Gynecological cancer refers to the cancers that begin in the female reproductive system. Vaginal cancer falls under the ‘Gynaecological cancer’ category. Vaginal cancer is the overgrowth of vagina cells. The vagina is a muscular canal that starts at the cervix and opens at the vulva. The vaginal walls have multiple folds. It helps the vagina to expand during sex or the child-birth.
What are the signs & symptoms?
The common symptoms of vaginal cancer are vaginal discharge, constipation, a lump in the vagina, pelvic pain, painful and frequent urination.
What are the diagnostic tests for vaginal cancer?
Vaginal biopsy: The doctor removes the pieces of the cancerous part of the vagina with a long, hollow needle. It is the only way to assure if you have cancer.
Colposcopy: The doctor takes a detailed look at the inside of the vagina with a lighted magnifying device. The device stays outside the body.
CT scan creates detailed images of the body using x-rays. A CT scan detects the spread of cancer outside the vagina.
MRI scan uses radio waves and strong magnets to make detailed images. MRI helps to detect cancer spread.
PET scan detects the cancer spread. The doctor puts a small amount of a low-level radioactive substance into the blood. The substance attaches to the cancer cells. A special camera shows any areas of radioactivity.
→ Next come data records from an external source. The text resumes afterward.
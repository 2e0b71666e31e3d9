-- ===== src/Encoder/Losses/Ranges.antt =====
-- SiameseEncoder.cpp: what the iterator gives for loss ranges that were written one after the other.
use tonk.Common.{
  ℕ, zero, suc, ◌+◌, ◌^◌, ◌≤◌, ◌<◌, ◌≡◌, refl, ap, ◌∙◌, true, false, some, List, [], ◌∷◌, ◌++◌,
  length, drop, replicate, arith, drop-append, length-append, le→not-ltb, le→leb, lt→not-leb,
}
use mathlib.Core.List.{map, append_assoc}
use tonk.Serializers.LossRange.{serialize_header, deserialize_header}
use tonk.Serializers.LossRoundtrip.{loss_range_roundtrip}
use tonk.Columns.{add_columns}
use tonk.Encoder.Losses.{LossIterator, decode_next_range, take_range, padding_bytes}

-- A range that the fields have room for: the elements between it and the one before, and one less
-- than its number of losses.
pub record LossRange : Type 0 where
  pub relative_start : ℕ
  pub loss_count_m1 : ℕ

abbrev pub Fits : LossRange → Type 0
Fits range = (range.relative_start < 2 ^ 22) × (range.loss_count_m1 < 2 ^ 22 + 3)

abbrev pub range_field : LossRange → List ℕ
range_field range = serialize_header range.relative_start range.loss_count_m1

abbrev pub range_bytes : List LossRange → List ℕ
range_bytes [] = []
range_bytes (range ∷ ranges) = range_field range ++ range_bytes ranges

-- The elements `first`, `first + 1` and so on.
abbrev pub interval : ℕ → ℕ → List ℕ
interval first zero = []
interval first (suc n) = first ∷ interval (first + 1) n

-- The elements that the ranges stand for, the first one relative to `offset`.
abbrev pub range_elements : ℕ → List LossRange → List ℕ
range_elements offset [] = []
range_elements offset (range ∷ ranges) =
    let first = offset + range.relative_start in
    interval first (suc range.loss_count_m1)
    ++ range_elements (first + range.loss_count_m1 + 2) ranges

abbrev pub columns_from : ℕ → List ℕ → List ℕ
columns_from start elements = map (λ element. add_columns element start) elements

drop-add : (a b : ℕ) (xs : List ℕ) → drop (a + b) xs ≡ drop b (drop a xs)
drop-add zero b xs = ap (λ n. drop n xs) {x = 0 + b} {y = b} (omega arith)
drop-add (suc a) zero [] = ap (λ n. drop n []) {x = suc a + 0} {y = suc a} (omega arith)
drop-add (suc a) (suc b) [] =
    ap (λ n. drop n []) {x = suc a + suc b} {y = suc (a + suc b)} (omega arith)
drop-add (suc a) b (x ∷ xs) =
    ap (λ n. drop n (x ∷ xs)) {x = suc a + b} {y = suc (a + b)} (omega arith) ∙ drop-add a b xs

-- The iterator stands before the last bytes of its data.
abbrev pub Before : LossIterator → List ℕ → Type 0
Before losses rest =
    let padded = losses.bytes ++ replicate padding_bytes 0 in
    (losses.offset + length rest ≡ length losses.bytes)
    × (drop losses.offset padded ≡ rest ++ replicate padding_bytes 0)

-- The iterator after a range was decoded.
abbrev pub decoded : LossIterator → LossRange → LossIterator
decoded losses range = record losses {
  offset = losses.offset + length (range_field range);
  loss_column = add_columns losses.loss_column range.relative_start;
  loss_count = range.loss_count_m1 + 1;
}

pub decoded-Before :
    (losses : LossIterator) (range : LossRange) (rest : List ℕ)
    → Before losses (range_field range ++ rest)
    → Before (decoded losses range) rest
decoded-Before losses range rest (room, here) = (
  omega (arith, room, length-append (range_field range) rest),
  drop-add losses.offset (length (range_field range)) (losses.bytes ++ replicate padding_bytes 0)
      ∙ (ap (drop (length (range_field range))) here
          ∙ (ap (drop (length (range_field range)))
                (append_assoc (range_field range) rest (replicate padding_bytes 0))
              ∙ drop-append (range_field range) (rest ++ replicate padding_bytes 0))),
)

pub field-nonempty : (range : LossRange) → 0 < length (range_field range)
unfolding serialize_header
field-nonempty range = omega arith

take_range-decoded :
    (losses : LossIterator) (range : LossRange)
    → losses.offset + length (range_field range) ≤ length losses.bytes
    → take_range losses
        (some (length (range_field range), range.relative_start, range.loss_count_m1))
      ≡ (true, decoded losses range)
unfolding take_range
take_range-decoded losses range h =
    rw (le→not-ltb (length losses.bytes) (losses.offset + length (range_field range)) h) refl

decode_next_range-more :
    (losses : LossIterator)
    → losses.offset < length losses.bytes
    → decode_next_range losses
      ≡ take_range losses
          (deserialize_header (drop losses.offset (losses.bytes ++ replicate padding_bytes 0)))
unfolding decode_next_range
decode_next_range-more losses h = rw (lt→not-leb (length losses.bytes) losses.offset h) refl

pub decode_next_range-range :
    (losses : LossIterator) (range : LossRange) (rest : List ℕ)
    → Fits range
    → Before losses (range_field range ++ rest)
    → decode_next_range losses ≡ (true, decoded losses range)
decode_next_range-range losses range rest (h, k) (room, here) =
    let field = range_field range in
    let tail = rest ++ replicate padding_bytes 0 in
    let parts = length-append field rest in
    let roundtrip =
      loss_range_roundtrip range.relative_start range.loss_count_m1 tail h k
        (omega (arith, length-append field tail, length-append rest (replicate padding_bytes 0))) in
    decode_next_range-more losses (omega (arith, room, parts, field-nonempty range))
    ∙ (ap (λ buffer. take_range losses (deserialize_header buffer))
          (here ∙ append_assoc field rest (replicate padding_bytes 0))
        ∙ (ap (take_range losses) roundtrip
            ∙ take_range-decoded losses range (omega (arith, room, parts))))

pub decode_next_range-end :
    (losses : LossIterator) → Before losses [] → decode_next_range losses ≡ (false, losses)
unfolding decode_next_range
decode_next_range-end losses (room, here) =
    rw (le→leb (length losses.bytes) losses.offset (omega (arith, room))) refl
How advanced is my vaginal cancer?
The doctor identifies the spread of vaginal cancer or the stage of cancer and decides the types of treatment required. These are based on the cancer growth or cancer spread.
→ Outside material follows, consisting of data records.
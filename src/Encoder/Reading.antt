-- ===== src/Encoder/Reading.antt =====
-- SiameseEncoder.cpp: the first part of `EncoderAcknowledgementState::OnAcknowledgementData`, which
-- reads the message. What follows it there, the estimate of the timeout and `RemoveBefore` on the
-- window, does not touch this state.
use tonk.Common.{
  ℕ, Bool, true, false, Option, none, some, List, [], ◌∷◌, length, drop, if◌then◌else◌, ltb, ◌==◌,
  ◌&&◌, ◌||◌,
}
use tonk.Serializers
use tonk.Columns.{subtract_columns, is_column_delta_negative}
use tonk.Encoder.Losses.{LossIterator, decode_next_range}

-- `has_data` tells whether `Data` is not null. `Clear` is not used.
pub record Acknowledgement : Type 0 where
  pub losses : LossIterator
  pub has_data : Bool
  pub next_column_expected : ℕ
  pub found_oldest : Bool
  pub oldest_column : ℕ

-- `memcmp` for buffers of one length, with the test of the lengths.
abbrev pub same_bytes : List ℕ → List ℕ → Bool
same_bytes [] [] = true
same_bytes (x ∷ xs) (y ∷ ys) = (x == y) && same_bytes xs ys
same_bytes [] (y ∷ ys) = false
same_bytes (x ∷ xs) [] = false

-- The message is invalid, or is older than or the same as the one before, or is taken.
pub data Reading : Type 0 where
  rejected : Acknowledgement → Reading
  ignored : Acknowledgement → Reading
  taken : Acknowledgement → Reading

-- The new state before the first range is decoded.
unfoldable pub reset_losses : Acknowledgement → ℕ → List ℕ → Acknowledgement
reset_losses ack next_column_expected bytes = record ack {
  losses = record { bytes = bytes; offset = 0; loss_column = next_column_expected; loss_count = 0 };
  has_data = ack.has_data || ltb 0 (length bytes);
  next_column_expected = next_column_expected;
}

-- The result of decoding the first range.
abbrev pub first_range : Acknowledgement → Bool × LossIterator → Reading
first_range ack (false, losses) = rejected (record ack { losses = losses })
first_range ack (true, losses) = taken (record ack { losses = losses })

abbrev pub read_ranges : Acknowledgement → List ℕ → Reading
read_ranges ack [] = taken ack
read_ranges ack (byte ∷ bytes) = first_range ack (decode_next_range ack.losses)

-- With the message's next expected column and the bytes after it.
unfoldable pub read_body : Acknowledgement → ℕ → List ℕ → Reading
read_body ack next bytes =
    let delta = subtract_columns next ack.next_column_expected in
    if is_column_delta_negative delta
    then ignored ack
    else if (ack.next_column_expected == next) && ack.has_data && same_bytes bytes ack.losses.bytes
    then ignored ack
    else read_ranges (reset_losses ack next bytes) bytes

abbrev pub read_header : Acknowledgement → List ℕ → Option (ℕ × ℕ) → Reading
read_header ack message none = rejected ack
read_header ack message (some (n, next)) = read_body ack next (drop n message)

-- `OnAcknowledgementData`
unfoldable pub read_acknowledgement : Acknowledgement → List ℕ → Reading
read_acknowledgement ack message =
    read_header ack message (Serializers.PacketNum.deserialize_header message)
Vaginal cancer can be classified as stages 0, 1, 2, 3, or 4. Stage 0 is carcinoma in situ. The lower number indicates minimum cancer spread. A higher number indicates cancer growth or spread outside the vagina.
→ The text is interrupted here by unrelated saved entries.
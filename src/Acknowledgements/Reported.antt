-- ===== src/Acknowledgements/Reported.antt =====
-- SiameseDecoder.cpp: what the loss ranges of an acknowledgement stand for.
use tonk.Common.{
  ℕ, zero, suc, ◌+◌, ◌-◌, ◌/◌, ◌%◌, subst, ◌≤◌, ◌<◌, ◌≡◌, refl, ap, ap₂, ◌∙◌, sym, Bool, true,
  false, List, [], ◌∷◌, ◌++◌, length, arith, if◌then◌else◌, ltb, leb, ◌==◌,
}
use mathlib.Core.List.{append-nil, append_assoc}
use native.Mathlib.Decide.{dec_lt}
use tonk.Common.Bits.Flags.{bit, bit-le-one}
use tonk.BitSet.Search.{FirstFrom}
use tonk.Decoder.{
  DecoderWindow, lost_element, got_element, get_subwindow, find_next_lost, find_next_got,
}
use tonk.Decoder.Acknowledge.{loss_ranges}
use tonk.Encoder.Losses.Ranges.{LossRange, range_field, range_bytes, interval}
use tonk.Acknowledgements.{lost_elements, end_mark, missing}

abbrev pub range_of : ℕ → ℕ → LossRange
range_of start count_m1 = record { relative_start = start; loss_count_m1 = count_m1 }

-- The ranges whose bytes `loss_ranges` writes.
unfoldable pub written : ℕ → DecoderWindow → ℕ → ℕ → List LossRange
written zero window offset byte_limit = []
written (suc fuel) window offset byte_limit =
    let start = find_next_lost window offset in
    let range_end = find_next_got window (start + 1) in
    let range = range_of (start - offset) (range_end - start - 1) in
    let rest = written fuel window (range_end + 1) (byte_limit - length (range_field range)) in
    let last = if leb offset window.count then range_of (window.count - offset) 0 ∷ [] else [] in
    if ltb byte_limit 7 then [] else if leb window.count start then last else range ∷ rest

written-bytes :
    (none_left ended marked : Bool) (last range : LossRange) (ranges : List LossRange)
    (bytes : List ℕ)
    → bytes ≡ range_bytes ranges
    → (if none_left
        then []
        else if ended
        then (if marked then range_field last else [])
        else range_field range ++ bytes)
      ≡ range_bytes (
          if none_left
          then []
          else if ended
          then (if marked then last ∷ [] else [])
          else range ∷ ranges)
written-bytes true ended marked last range ranges bytes e = refl
written-bytes false true true last range ranges bytes e = sym (append-nil (range_field last))
written-bytes false true false last range ranges bytes e = refl
written-bytes false false marked last range ranges bytes e =
    ap (λ rest. range_field range ++ rest) e

pub loss_ranges-written :
    (fuel : ℕ) (window : DecoderWindow) (offset byte_limit : ℕ)
    → loss_ranges fuel window offset byte_limit
      ≡ range_bytes (written fuel window offset byte_limit)
unfolding loss_ranges written
loss_ranges-written zero window offset byte_limit = refl
loss_ranges-written (suc fuel) window offset byte_limit =
    let start = find_next_lost window offset in
    let range_end = find_next_got window (start + 1) in
    let range = range_of (start - offset) (range_end - start - 1) in
    let left = byte_limit - length (range_field range) in
    written-bytes (ltb byte_limit 7) (leb window.count start) (leb offset window.count)
      (range_of (window.count - offset) 0) range (written fuel window (range_end + 1) left)
      (loss_ranges fuel window (range_end + 1) left)
      (loss_ranges-written fuel window (range_end + 1) left)

pub lost_element-not_got :
    (window : DecoderWindow) (k : ℕ) → got_element window k ≡ false → lost_element window k ≡ true
lost_element-not_got window k e =
    digit (bit (get_subwindow window (k / 64)).got (k % 64))
      (bit-le-one (k % 64) (get_subwindow window (k / 64)).got) e
  where
    digit : (b : ℕ) → b ≤ 1 → (b == 1) ≡ false → (b == 0) ≡ true
    digit b h e = ground arith

pub not_lost_element-got :
    (window : DecoderWindow) (k : ℕ) → got_element window k ≡ true → lost_element window k ≡ false
not_lost_element-got window k e = digit (bit (get_subwindow window (k / 64)).got (k % 64)) e
  where
    digit : (b : ℕ) → (b == 1) ≡ true → (b == 0) ≡ false
    digit b e = ground arith

module _ (window : DecoderWindow) where
  lost_elements-here :
      (more element : ℕ)
      → lost_elements window (0 + more) element ≡ lost_elements window more (element + 0)
  lost_elements-here more element = ap₂ (lost_elements window) number place
    where
      number : 0 + more ≡ more
      number = omega arith

      place : element ≡ element + 0
      place = omega arith

  -- Elements that were all received, and elements that were all lost.
  pub lost_elements-got :
      (n element more : ℕ)
      → ((k : ℕ) → element ≤ k → k < element + n → lost_element window k ≡ false)
      → lost_elements window (n + more) element ≡ lost_elements window more (element + n)
  lost_elements-got zero element more h = lost_elements-here more element
  lost_elements-got (suc n) element more h =
      ap (λ (k : ℕ). lost_elements window k element) {y = suc (n + more)} (omega arith)
      ∙ rw (h element (omega arith) (omega arith)) (
          lost_elements-got n (element + 1) more
            (λ k l m. h k (omega (arith, l)) (omega (arith, m)))
          ∙ ap (lost_elements window more) (omega arith))

  lost_elements-lost :
      (n element more : ℕ)
      → ((k : ℕ) → element ≤ k → k < element + n → lost_element window k ≡ true)
      → lost_elements window (n + more) element
        ≡ interval element n ++ lost_elements window more (element + n)
  lost_elements-lost zero element more h = lost_elements-here more element
  lost_elements-lost (suc n) element more h =
      ap (λ (k : ℕ). lost_elements window k element) {y = suc (n + more)} (omega arith)
      ∙ rw (h element (omega arith) (omega arith)) (
          ap (λ (rest : List ℕ). element ∷ rest)
            (lost_elements-lost n (element + 1) more
                (λ k l m. h k (omega (arith, l)) (omega (arith, m)))
              ∙ ap (λ (e : ℕ). interval (element + 1) n ++ lost_elements window more e)
                  (omega arith)))

  -- From an element before which nothing is left to report to the next lost one, and on to the next
  -- received one or the end.
  pub missing-range :
      (offset start range_end : ℕ)
      → FirstFrom (lost_element window) offset window.count start
      → start < window.count
      → FirstFrom (got_element window) (start + 1) window.count range_end
      → missing window offset
        ≡ interval start (range_end - start)
          ++ (lost_elements window (window.count - range_end) range_end ++ end_mark window)
  missing-range offset start range_end lost inside got =
      let tail = lost_elements window (window.count - range_end) range_end in
      ap (λ elements. elements ++ end_mark window)
        (ap (λ (n : ℕ). lost_elements window n offset) whole
          ∙ (lost_elements-got (start - offset) offset (lost_n + left)
                (λ k l m. lost.before k l (omega (arith, m, lost.after)))
              ∙ (ap (lost_elements window (lost_n + left)) begin
                  ∙ (lost_elements-lost lost_n start left lost_run
                      ∙ ap (λ (e : ℕ). interval start lost_n ++ lost_elements window left e)
                          finish))))
      ∙ append_assoc (interval start lost_n) tail (end_mark window)
    where
      lost_n : ℕ
      lost_n = range_end - start

      left : ℕ
      left = window.count - range_end

      whole : window.count - offset ≡ start - offset + (lost_n + left)
      whole = omega (arith, lost.after, got.after, got.bounded)

      begin : offset + (start - offset) ≡ start
      begin = omega (arith, lost.after)

      finish : start + lost_n ≡ range_end
      finish = omega (arith, got.after)

      lost_run : (k : ℕ) → start ≤ k → k < start + lost_n → lost_element window k ≡ true
      lost_run k l m = elim (dec_lt start k) [
        | yes beyond ↦
            lost_element-not_got window k
              (got.before k (omega (arith, beyond)) (omega (arith, m, got.after)))
        | no here ↦
            subst (λ (e : ℕ). lost_element window e ≡ true) {x = start} {y = k}
              (omega (arith, l, here)) (lost.found inside)
      ]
You can talk with your doctor about the stages.
What are the suitable treatments for me?
Several kinds of treatment are available for ovarian cancer, including surgery, radiation, targeted therapy, and chemotherapy.
Surgery helps to cure or control cancer and make symptoms better. It helps to cure vaginal cancer if not spread to other body parts. The traditional vaginal cancer surgeries are wide local excision, vaginectomy, lymph node dissection, pelvic exenteration, and total hysterectomy.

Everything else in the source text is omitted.